CK Asset Holdings announced on Thursday that revenue for its hotel and service suite operations during the first half was HK$992 million, a 58% decline from the same period last year.
"In addition to the ongoing social incidents since June 2019, the hotel sector was impacted further by the pandemic, which caused visitor arrivals to plummet during the period," Chairman Victor Li said in a statement.
The hotel and service suite segment barely avoided a loss, but profit fell 96% to HK$33 million, as the average occupancy hovered at 23%.
"Hotels are taking the full brunt of decline in visitors to Hong Kong," said Britton Russell, director at AlixPartners in Hong Kong, who specializes in the retail sector. "[The] hotel industry right now is reliant on local consumers," which apparently is not providing sufficient stays and traffic for the industry.
Incoming travelers to Hong Kong in June totaled 14,606, a staggering 99.7% drop from a year earlier, when 5.14 million arrived, mostly from mainland China.
Most incoming arrivals are Hong Kong citizens and other legal residents. The government for months has restricted most nonresidents from traveling to Hong Kong in an effort to control the spread of the pandemic.

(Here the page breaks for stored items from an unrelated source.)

-- ===== src/Client/Retries.antt =====
-- The retries of a batch: its messages, or an error after as many failed calls as there are retries.
use tobs.Prelude.{ℕ, zero, suc, ◌+◌, ◌≤◌, ◌≡◌, refl, false, List, [], ◌∷◌, ◌++◌, ◌==◌, arith}
use tobs.Client.{
  Attempt, succeeds, fails, floods, Client, Batch, batch_raised, batch_messages, fetch_batch,
}

abbrev pub Failed : Attempt → Type 0
Failed succeeds = ⊥
Failed fails = Unit
Failed (floods seconds) = Unit

module _ {M : Type 0} (c : Client M) where
  -- So many calls from the k-th on fail.
  abbrev pub AllFail : ℕ → ℕ → Type 0
  AllFail k zero = Unit
  AllFail k (suc n) = Failed (c.attempt k) × AllFail (k + 1) n

  -- What a batch is fetched as: the client's messages, or an error after as many failed calls
  abbrev pub Fetches : ℕ → List M → ℕ → Batch M → Type 0
  Fetches n messages k (batch_raised calls sleeps) = AllFail k n
  Fetches n messages k (batch_messages ms calls sleeps) = ms ≡ messages

  pub fetch_batch-Fetches :
      (retries limit off least calls : ℕ) (sleeps : List ℕ)
      → 1 ≤ retries
      → Fetches retries
          (c.get_messages limit off least)
          calls
          (fetch_batch c retries limit off least calls sleeps)
  unfolding fetch_batch
  fetch_batch-Fetches zero limit off least calls sleeps h = absurd (omega arith)
  fetch_batch-Fetches (suc retries) limit off least calls sleeps h =
      go retries (c.attempt calls) refl
        (λ h s. fetch_batch-Fetches retries limit off least (calls + 1) s h)
    where
      again :
          (r : ℕ) (b : Batch M)
          → Failed (c.attempt calls)
          → Fetches r (c.get_messages limit off least) (calls + 1) b
          → Fetches (suc r) (c.get_messages limit off least) calls b
      again r (batch_raised k s) f h = (f, h)
      again r (batch_messages ms k s) f h = h

      go :
          (r : ℕ) (a : Attempt)
          → c.attempt calls ≡ a
          → (1 ≤ r
              → (s : List ℕ)
              → Fetches r
                  (c.get_messages limit off least)
                  (calls + 1)
                  (fetch_batch c r limit off least (calls + 1) s))
          → Fetches
              (suc r)
              (c.get_messages limit off least)
              calls
              (fetch_batch c (suc r) limit off least calls sleeps)
      go r succeeds e rec = rw (fetch_batch, e) refl
      go zero fails e rec =
          let failed : Failed (c.attempt calls) = rw e tt in rw (fetch_batch, e) (failed, tt)
      go zero (floods n) e rec =
          let failed : Failed (c.attempt calls) = rw e tt in rw (fetch_batch, e) (failed, tt)
      go (suc r) fails e rec =
          let more : (suc r == 0) ≡ false = ground arith in
          let failed : Failed (c.attempt calls) = rw e tt in
          rw (fetch_batch, e, more)
            (again (suc r) (fetch_batch c (suc r) limit off least (calls + 1) (sleeps ++ 5 ∷ []))
              failed (rec (omega arith) (sleeps ++ 5 ∷ [])))
      go (suc r) (floods n) e rec =
          let more : (suc r == 0) ≡ false = ground arith in
          let failed : Failed (c.attempt calls) = rw e tt in
          rw (fetch_batch, e, more)
            (again (suc r)
              (fetch_batch c (suc r) limit off least (calls + 1) (sleeps ++ (n + 1) ∷ [])) failed
              (rec (omega arith) (sleeps ++ (n + 1) ∷ [])))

"Its future is going to be dependent on travel restrictions being lifted," said Russell, especially counting on the return of mainland Chinese, who totaled more than 4 million arrivals during June in 2019, but this year dropped 99.8% to only 6,682.
Kwok of Peninsula Hotels said the company has been "navigating geopolitical instability in some of the regions we operate in, including our home market of Hong Kong, [and] we are concerned about the effect this political uncertainty will continue [to] have on our results, considering the majority of our group's interests are based in Hong Kong."
Mandarin Oriental CEO James Riley said: "Whilst we will certainly not return to anything like normal levels of occupancy by the end of the year, I do hope we will have some semblance of operating normalization beginning to come back to many of our properties."